Until just a few days ago, my attitude to the royal wedding could best be described as tolerant – or, perhaps more accurately, as bored rather than hostile. I tend to be gently contemptuous of those few who have managed to work up actual enthusiasm for the event, although I feel they are to be pitied rather than scorned. But if that means I’m not a monarchist, it definitely doesn’t make me a republican either. If we were talking religion rather than royalty, I would be called an agnostic rather than an atheist.
I even managed to summon up a little bit of sympathy for the Queen in her appalling travails over Princess Diana, who may have been charismatic but was also a very difficult woman. She simply didn’t appear to grasp that, if you marry the heir to the throne, very different rules of conduct apply than if you marry almost anyone else. She was, quite simply, the greatest threat to the monarchy since Oliver Cromwell.
Yes, I am aware that one of the left-wing arguments against the monarchy is that the Queen represents the tip of a pyramid of class privilege, and that her existence sustains a vast network of class discrimination lower down the pyramid. Without her, it is argued, the class system for which this country is notorious would simply wither away. But I say this is fanciful nonsense. The basis of the class system is wealth, and the private ownership of wealth, and the only way to end it is to dismantle private ownership and redistribute the wealth.
So, by and large, I am in no hurry to get rid of the monarchy – and certainly not by means of violence or revolutionary upheaval. There are masses of far more important things than abolishing the crown that need to be done to make this country a better place, and the list is growing exponentially with every month that the present Conservative-led Government remains in office. Nor do I fancy a referendum on the subject, which would make the nasty little row between Nick Clegg and David Cameron over the alternative vote seem like a teenage love spat. And what about electing a presidential successor? Boris Johnson? The Beckhams doing a job share? Ann Widdecombe? The mind boggles at the ghastly possibilities.

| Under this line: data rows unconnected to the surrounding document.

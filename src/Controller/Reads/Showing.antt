-- ===== src/Controller/Reads/Showing.antt =====
-- The reads of a round from a database in which each table has a row (RaspberryPi/Window_Controller/main_controller.cpp,
-- lines 371 to 420, and write_read.cpp).
use smart_window.Common.{is_in, ℕ, ◌≡◌, refl, true, Option, some, Bytes, codes, List}
use smart_window.Controller.Readings.{Readings, read_readings}
use smart_window.Controller.Reads.{read_database, tables}
use smart_window.Database.Queries.{atoi}
use smart_window.Database.Access.{MySql, Floats}
use smart_window.Database.Server.{Connects}
use smart_window.Controller.Reads.Latest.{Says, HasIt, bool_read, int_read}

-- The readings are the latest values of the tables.
pub record Shows (id_text : ℕ → Bytes) (floats : Floats) (content : Bytes → List Bytes)
    (r : Readings) : Type 0 where
  pub auto_mode :
      Says id_text
        (content (codes "AutoModus"))
        (λ v b. floats.is_nonzero (floats.atof v) ≡ b)
        r.auto_mode
  pub man_close :
      Says id_text
        (content (codes "ManClose"))
        (λ v b. floats.is_nonzero (floats.atof v) ≡ b)
        r.man_close
  pub man_open :
      Says id_text
        (content (codes "ManOpen"))
        (λ v b. floats.is_nonzero (floats.atof v) ≡ b)
        r.man_open
  pub win_open :
      Says id_text
        (content (codes "Win_Open"))
        (λ v b. floats.is_nonzero (floats.atof v) ≡ b)
        r.win_open
  pub air_p_in : Says id_text (content (codes "AirPressure_IN")) (λ v n. atoi v ≡ some n) r.air_p_in
  pub air_p_out :
      Says id_text (content (codes "AirPressure_OUT")) (λ v n. atoi v ≡ some n) r.air_p_out
  pub air_p_max :
      Says id_text (content (codes "AirPressure_MAX")) (λ v n. atoi v ≡ some n) r.air_p_max
  pub air_q_in : Says id_text (content (codes "AirQuality_IN")) (λ v n. atoi v ≡ some n) r.air_q_in
  pub air_q_out :
      Says id_text (content (codes "AirQuality_OUT")) (λ v n. atoi v ≡ some n) r.air_q_out
  pub air_q_max :
      Says id_text (content (codes "AirQuality_MAX")) (λ v n. atoi v ≡ some n) r.air_q_max
  pub humid_in : Says id_text (content (codes "Humidity_IN")) (λ v n. atoi v ≡ some n) r.humid_in
  pub humid_out : Says id_text (content (codes "Humidity_OUT")) (λ v n. atoi v ≡ some n) r.humid_out
  pub humid_min : Says id_text (content (codes "Humidity_MIN")) (λ v n. atoi v ≡ some n) r.humid_min
  pub humid_max : Says id_text (content (codes "Humidity_MAX")) (λ v n. atoi v ≡ some n) r.humid_max
  pub temp_in : Says id_text (content (codes "Temp_IN")) (λ v n. atoi v ≡ some n) r.temp_in
  pub temp_out : Says id_text (content (codes "Temp_OUT")) (λ v n. atoi v ≡ some n) r.temp_out
  pub temp_min : Says id_text (content (codes "Temp_MIN")) (λ v n. atoi v ≡ some n) r.temp_min
  pub temp_max : Says id_text (content (codes "Temp_MAX")) (λ v n. atoi v ≡ some n) r.temp_max
  pub vol_in : Says id_text (content (codes "Volume_IN")) (λ v n. atoi v ≡ some n) r.vol_in
  pub vol_out : Says id_text (content (codes "Volume_OUT")) (λ v n. atoi v ≡ some n) r.vol_out
  pub vol_max : Says id_text (content (codes "Volume_MAX")) (λ v n. atoi v ≡ some n) r.vol_max
  pub priority : Says id_text (content (codes "Priority")) (λ v n. atoi v ≡ some n) r.priority

module _ {W : Type 0} (lib : MySql W) (floats : Floats) (sessions : W → ℕ)
    (content : W → Bytes → List Bytes) (works : Connects lib sessions content)
    (id_text : ℕ → Bytes) where
  pub read_database-Shows :
      (w : W) (r : Readings)
      → ((table : Bytes) → is_in table tables ≡ true → HasIt lib sessions content id_text table)
      → Shows id_text floats (content w) r
      → (w' : W) × (read_database lib floats w ≡ some (r, w'))
        × (sessions w' ≡ sessions w)
        × (content w' ≡ content w)
  unfolding read_database read_readings
  read_database-Shows w r has shows =
      let P : Option (Readings × W) → Type 0 = λ o.
        (w' : W) × (o ≡ some (r, w')) × (sessions w' ≡ sessions w) × (content w' ≡ content w) in
      let b = bool_read lib floats sessions content works id_text (content w) (sessions w) P in
      let i = int_read lib floats sessions content works id_text (content w) (sessions w) P in
      b (codes "AutoModus") _ _ w (has (codes "AutoModus") refl) shows.auto_mode (refl, refl)
        λ w1 a1.
          b (codes "ManClose") _ _ w1 (has (codes "ManClose") refl) shows.man_close a1 λ w2 a2.
            b (codes "ManOpen") _ _ w2 (has (codes "ManOpen") refl) shows.man_open a2 λ w3 a3.
              b (codes "Win_Open") _ _ w3 (has (codes "Win_Open") refl) shows.win_open a3 λ w4 a4.
                i (codes "AirPressure_IN") _ _ w4 (has (codes "AirPressure_IN") refl) shows.air_p_in
                  a4
                  λ w5 a5.
                    i (codes "AirPressure_OUT") _ _ w5 (has (codes "AirPressure_OUT") refl)
                      shows.air_p_out a5
                      λ w6 a6.
                        i (codes "AirPressure_MAX") _ _ w6 (has (codes "AirPressure_MAX") refl)
                          shows.air_p_max a6
                          λ w7 a7.
                            i (codes "AirQuality_IN") _ _ w7 (has (codes "AirQuality_IN") refl)
                              shows.air_q_in a7
                              λ w8 a8.
                                i (codes "AirQuality_OUT") _ _ w8
                                  (has (codes "AirQuality_OUT") refl) shows.air_q_out a8
                                  λ w9 a9.
                                    i (codes "AirQuality_MAX") _ _ w9
                                      (has (codes "AirQuality_MAX") refl) shows.air_q_max a9
                                      λ w10 a10.
                                        i (codes "Humidity_IN") _ _ w10
                                          (has (codes "Humidity_IN") refl) shows.humid_in a10
                                          λ w11 a11.
                                            i (codes "Humidity_OUT") _ _ w11
                                              (has (codes "Humidity_OUT") refl) shows.humid_out a11
                                              λ w12 a12.
                                                i (codes "Humidity_MIN") _ _ w12
                                                  (has (codes "Humidity_MIN") refl) shows.humid_min
                                                  a12
                                                  λ w13 a13.
                                                    i (codes "Humidity_MAX") _ _ w13
                                                      (has (codes "Humidity_MAX") refl)
                                                      shows.humid_max a13
                                                      λ w14 a14.
                                                        i (codes "Temp_IN") _ _ w14
                                                          (has (codes "Temp_IN") refl) shows.temp_in
                                                          a14
                                                          λ w15 a15.
                                                            i (codes "Temp_OUT") _ _ w15
                                                            (has (codes "Temp_OUT") refl)
                                                            shows.temp_out a15
                                                            λ w16 a16.
                                                            i (codes "Temp_MIN") _ _ w16
                                                            (has (codes "Temp_MIN") refl)
                                                            shows.temp_min a16
                                                            λ w17 a17.
                                                            i (codes "Temp_MAX") _ _ w17
                                                            (has (codes "Temp_MAX") refl)
                                                            shows.temp_max a17
                                                            λ w18 a18.
                                                            i (codes "Volume_IN") _ _ w18
                                                            (has (codes "Volume_IN") refl)
                                                            shows.vol_in a18
                                                            λ w19 a19.
                                                            i (codes "Volume_OUT") _ _ w19
                                                            (has (codes "Volume_OUT") refl)
                                                            shows.vol_out a19
                                                            λ w20 a20.
                                                            i (codes "Volume_MAX") _ _ w20
                                                            (has (codes "Volume_MAX") refl)
                                                            shows.vol_max a20
                                                            λ w21 a21.
                                                            i (codes "Priority") _ _ w21
                                                            (has (codes "Priority") refl)
                                                            shows.priority a21
                                                            λ w22 a22. (w22, refl, a22.1, a22.0)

I was pleasantly surprised to discover earlier this week that these attitudes seem to put me squarely in the mainstream of the nation’s communal feelings about the monarchy. A poll in The Guardian suggested that a whopping two thirds of the electorate believe we would be worse off without the royals, compared to only a quarter who think we would be better off. Almost half saw them as a unifying influence, while only a third thought they were divisive. As for the wedding, 37 per cent said they were interested and excited by it, but 46 per cent said they weren’t.
So, other things being equal, all this would have enabled me to switch off my television and go off to the pub on Kate and William’s wedding day, just as I always do on a bank holiday, confident in the knowledge that I am at one with the nation’s general indifference to the event.
But, as it turned out, other things were not equal. Last weekend, The Sunday Telegraph made the astonishing revelation that neither Tony Blair nor Gordon Brown had been invited to the wedding, although John Major and Margaret Thatcher jolly well had. The newspaper quite rightly thought this big enough news to be its front-page splash, headlined “Royal wedding: no place for Blair and Brown.”
Needless to say, the Telegraph gave every appearance of being delighted with what it called this Labour snub – it isn’t called the Torygraph by Private Eye for nothing. And, no doubt, at Sunday breakfast tables across the affluent Home Counties, there were snorts of approval from true-blue Tory voters who like nothing better with their bacon and eggs than a good snubbing for the Labour Party. The reaction at my breakfast table, however, was rather different. I felt a sudden resurgence of republican spirit, such as I have not felt since my teens. All that benign tolerance on which I had been congratulating myself (see above) suddenly evaporated in a red mist of anti-royalist anger. How dare they snub the last two Labour prime ministers while honouring the last two Tories.
Nor were matters greatly helped by the curt “explanation” offered by St James’ Palace. Pressed by the Telegraph, a royal spokesman said simply that Blair and Brown had not been asked because neither of them were knights of the garter, whereas Thatcher and Major were. Ye gods, are all the other 1,000 or so guests paid up knights of the garter? Of course not. And why aren’t Blair and Brown knights of the garter? Has the palace failed to invite them to join that ludicrous institution, too?
True, the red mist has faded a little since then, so I will be off to the pub on Friday as intended, instead of staying at home to throw things at the telly. But my benign indifference to that absurd family and to their even more absurd hangers-on has given way to – well, plain, unqualified indifference. As the man said in the movie, I just don’t give a damn.